Electroanatomically guided catheter ablation of ventricular tachycardias causing multiple defibrillator shocks.

作者信息

Sra J, Bhatia A, Dhala A, Blanck Z, Deshpande S, Cooley R, Akhtar M

机构信息

University of Wisconsin Medical School, St. Luke's Medical Center and Sinai Samaritan Medical Center, Milwaukee 53215-3360, USA.

出版信息

Pacing Clin Electrophysiol. 2001 Nov;24(11):1645-52. doi: 10.1046/j.1460-9592.2001.01645.x.

Abstract

With conventional techniques, RF catheter ablation is difficult in patients with unstable VT or with multiple VTs. The feasibility of RF catheter ablation guided by three-dimensional electroanatomic mapping technique in patients whose implanted ICD continued to deliver multiple shocks due to VT despite use of antiarrhythmic medications was assessed in 19 patients (15 men, 4 women; mean age [+/- SD] 70+/-7 years). All had a prior history of MI and subsequently had received an ICD due to VT. During the 12-week preablation period, these patients received 31+/-15 shocks (range 4-62 shocks) due to refractory monomorphic VTs. An electroanatomic mapping technique using the CARTO system was performed to delineate scar tissue. RF catheter ablation was then performed at appropriate sites identified by pace mapping and by substrate mapping.
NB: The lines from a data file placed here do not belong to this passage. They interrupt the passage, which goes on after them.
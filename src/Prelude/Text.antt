-- ===== src/Prelude/Text.antt =====
-- Rust's `str` and `String` as lists of code points, with the functions of `std` that the
-- program calls.
use Prim.Native.Char.{code}
use Prim.Native.String.{String}
use Prim.Native.Nat.{ℕ, zero, suc, ◌+◌}
use mathlib.Core.Path.{◌≡◌, refl}
use mathlib.Core.Logic.{◌↔◌}
use mathlib.Core.Bool.{Bool, true, false, ◌&&◌, ◌||◌}
use mathlib.Core.Option.{Option, none, some}
use mathlib.Core.Option
use mathlib.Core.List.{List, [], ◌∷◌, ◌++◌, reverse}
use native.Mathlib.Omega.{arith}
use lala_search.Prelude.Tests.{ltb, leb, ◌==◌, if◌then◌else◌}

abbrev pub Text : Type 0
Text = List ℕ

-- The code points of a literal.
abbrev pub codes : String → Text
codes String.[] = []
codes (String.◌∷◌ c s) = code c ∷ codes s

-- `s.is_empty()`
abbrev pub is_empty_text : Text → Bool
is_empty_text [] = true
is_empty_text (c ∷ s) = false

-- `a == b`
unfoldable pub text_eq : Text → Text → Bool
text_eq [] [] = true
text_eq [] (d ∷ t) = false
text_eq (c ∷ s) [] = false
text_eq (c ∷ s) (d ∷ t) = c == d && text_eq s t

pub text_eq_iff : (s t : Text) → (text_eq s t ≡ true) ↔ (s ≡ t)
unfolding text_eq
text_eq_iff [] [] = ground arith
text_eq_iff [] (d ∷ t) = ground arith
text_eq_iff (c ∷ s) [] = ground arith
text_eq_iff (c ∷ s) (d ∷ t) = ground (arith, text_eq_iff s t)

pub text_eq_refl : (s : Text) → text_eq s s ≡ true
text_eq_refl s = (text_eq_iff s s).1 refl

-- `char::to_ascii_lowercase`
unfoldable pub lower_char : ℕ → ℕ
lower_char c = if leb b'A' c && leb c b'Z' then c + 32 else c

-- `str::to_ascii_lowercase`
unfoldable pub to_ascii_lowercase : Text → Text
unfolding lower_char
to_ascii_lowercase [] = []
to_ascii_lowercase (c ∷ s) = lower_char c ∷ to_ascii_lowercase s

-- `str::eq_ignore_ascii_case`
unfoldable pub eq_ignore_ascii_case : Text → Text → Bool
unfolding to_ascii_lowercase text_eq
eq_ignore_ascii_case s t = text_eq (to_ascii_lowercase s) (to_ascii_lowercase t)

-- `char::is_whitespace`: Unicode's White_Space
unfoldable pub is_whitespace : ℕ → Bool
is_whitespace c =
    (leb 9 c && leb c 13)
    || c == 32
    || c == 0x85
    || c == 0xa0
    || c == 0x1680
    || (leb 0x2000 c && leb c 0x200a)
    || c == 0x2028
    || c == 0x2029
    || c == 0x202f
    || c == 0x205f
    || c == 0x3000

-- `str::trim_start`
unfoldable pub trim_start : Text → Text
unfolding is_whitespace
trim_start [] = []
trim_start (c ∷ s) = if is_whitespace c then trim_start s else c ∷ s

-- `str::trim`
unfoldable pub trim : Text → Text
unfolding trim_start
trim s = reverse (trim_start (reverse (trim_start s)))

-- `s.split(c).next_back()`: what follows the last `c`, or the whole text
last_piece_from : ℕ → Text → Text → Text
last_piece_from sep found [] = found
last_piece_from sep found (c ∷ s) = last_piece_from sep (if c == sep then s else found) s

unfoldable pub last_piece : ℕ → Text → Text
unfolding last_piece_from
last_piece sep s = last_piece_from sep s s

-- `str::strip_prefix`
unfoldable pub strip_prefix : Text → Text → Option Text
strip_prefix [] s = some s
strip_prefix (c ∷ prefix) [] = none
strip_prefix (c ∷ prefix) (d ∷ s) =
    let rest = strip_prefix prefix s in if c == d then rest else none

-- `s.split(c)`, with the piece that is being read
unfoldable pub split_from : ℕ → Text → Text → List Text
split_from sep piece [] = reverse piece ∷ []
split_from sep piece (c ∷ s) =
    let ended = split_from sep [] s in
    let longer = split_from sep (c ∷ piece) s in if c == sep then reverse piece ∷ ended else longer

-- `s.split(c).collect()`
unfoldable pub split : ℕ → Text → List Text
unfolding split_from
split sep s = split_from sep [] s

-- The bytes of a code point in UTF-8
unfoldable pub utf8_width : ℕ → ℕ
utf8_width c = if ltb c 0x80 then 1 else if ltb c 0x800 then 2 else if ltb c 0x10000 then 3 else 4

-- `s.len()`, in bytes
unfoldable pub byte_len : Text → ℕ
unfolding utf8_width
byte_len [] = 0
byte_len (c ∷ s) = utf8_width c + byte_len s

unfoldable pub starts_with : Text → Text → Bool
starts_with [] s = true
starts_with (c ∷ prefix) [] = false
starts_with (c ∷ prefix) (d ∷ s) = c == d && starts_with prefix s

-- `s.contains(needle)`
unfoldable pub contains : Text → Text → Bool
unfolding starts_with
contains needle [] = starts_with needle []
contains needle (c ∷ s) = starts_with needle (c ∷ s) || contains needle s

-- `str::to_lowercase` as far as letters of ASCII come out of it: from those of ASCII, from U+0130
-- and from the sign for kelvin. Any other character stays as it is.
unfoldable pub to_lowercase : Text → Text
unfolding lower_char
to_lowercase [] = []
to_lowercase (c ∷ s) =
    let rest = to_lowercase s in
    if c == 0x130
    then b'i' ∷ 0x307 ∷ rest
    else if c == 0x212a
    then b'k' ∷ rest
    else lower_char c ∷ rest

-- The words of `s`, each followed by the words that come after it; `word` is being read, backwards.
unfoldable pub words_from : Text → Text → List Text
unfolding is_whitespace
words_from word [] = if is_empty_text word then [] else reverse word ∷ []
words_from word (c ∷ s) =
    let ended = words_from [] s in
    let longer = words_from (c ∷ word) s in
    if is_whitespace c then if is_empty_text word then ended else reverse word ∷ ended else longer

-- `words.join(" ")`
unfoldable pub join_words : List Text → Text
join_words [] = []
join_words (word ∷ []) = word
join_words (word ∷ more ∷ words) = word ++ b' ' ∷ join_words (more ∷ words)

-- `s.split_whitespace().collect::<Vec<_>>().join(" ")`
unfoldable pub squeeze : Text → Text
unfolding words_from join_words
squeeze s = join_words (words_from [] s)

-- The first `n` characters, and the rest
unfoldable pub split_at : ℕ → Text → Text × Text
split_at zero s = ([], s)
split_at (suc n) [] = ([], [])
split_at (suc n) (c ∷ s) = let (front, back) = split_at n s in (c ∷ front, back)

-- `a < b` of texts: UTF-8 keeps the order of the code points.
unfoldable pub text_ltb : Text → Text → Bool
text_ltb [] [] = false
text_ltb (c ∷ s) [] = false
text_ltb [] (d ∷ t) = true
text_ltb (c ∷ s) (d ∷ t) = ltb c d || ((c == d) && text_ltb s t)

-- `s.split_once(c)`: what comes before the first `c`, and what comes after it
unfoldable pub split_once : ℕ → Text → Option (Text × Text)
split_once sep [] = none
split_once sep (c ∷ s) =
    let rest = split_once sep s in
    if c == sep then some ([], s) else Option.map (λ p. (c ∷ p.0, p.1)) rest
Seventeen patients were on amiodarone at the time of ablation. Twenty-seven VTs were documented clinically, and 45 were induced during electrophysiological evaluation. Of the 45 tachycardias induced, 38 VTs were targeted for ablation. Catheter ablation was performed during sinus rhythm in 31 episodes and during VT in 7 episodes. During a mean follow-up of 26+/-8 weeks (range 18-48 weeks), 13 (66%) patients had no recurrence of VT (P < 0.0001) and antiarrhythmic drugs were discontinued or the number of medications reduced in 17 patients (P < 0.0001). Electroanatomic mapping is helpful in identifying sites for catheter ablation in highly symptomatic patients with refractory VT associated with myocardial scarring.

摘要

采用传统技术时,对于不稳定室性心动过速(VT)或多种室性心动过速的患者,射频导管消融术操作困难。本研究评估了三维电解剖标测技术指导下的射频导管消融术对19例患者(15例男性,4例女性;平均年龄[±标准差]70±7岁)的可行性,这些患者尽管使用了抗心律失常药物,但植入式心律转复除颤器(ICD)仍因室性心动过速持续多次放电。所有患者既往均有心肌梗死病史,随后因室性心动过速接受了ICD植入。在消融术前的12周内,这些患者因难治性单形性室性心动过速接受了31±15次电击(范围4 - 62次电击)。采用CARTO系统的电解剖标测技术描绘瘢痕组织。然后在通过起搏标测和基质标测确定的合适部位进行射频导管消融。17例患者在消融时正在服用胺碘酮。临床上记录到27次室性心动过速,电生理评估时诱发了45次。在诱发的45次心动过速中,38次室性心动过速被作为消融靶点。31次消融在窦性心律下进行,7次在室性心动过速时进行。平均随访26±8周(范围18 - 48周),13例(66%)患者室性心动过速未复发(P < 0.0001),17例患者停用抗心律失常药物或减少了用药数量(P < 0.0001)。电解剖标测有助于确定与心肌瘢痕相关的难治性室性心动过速高度症状性患者的导管消融部位。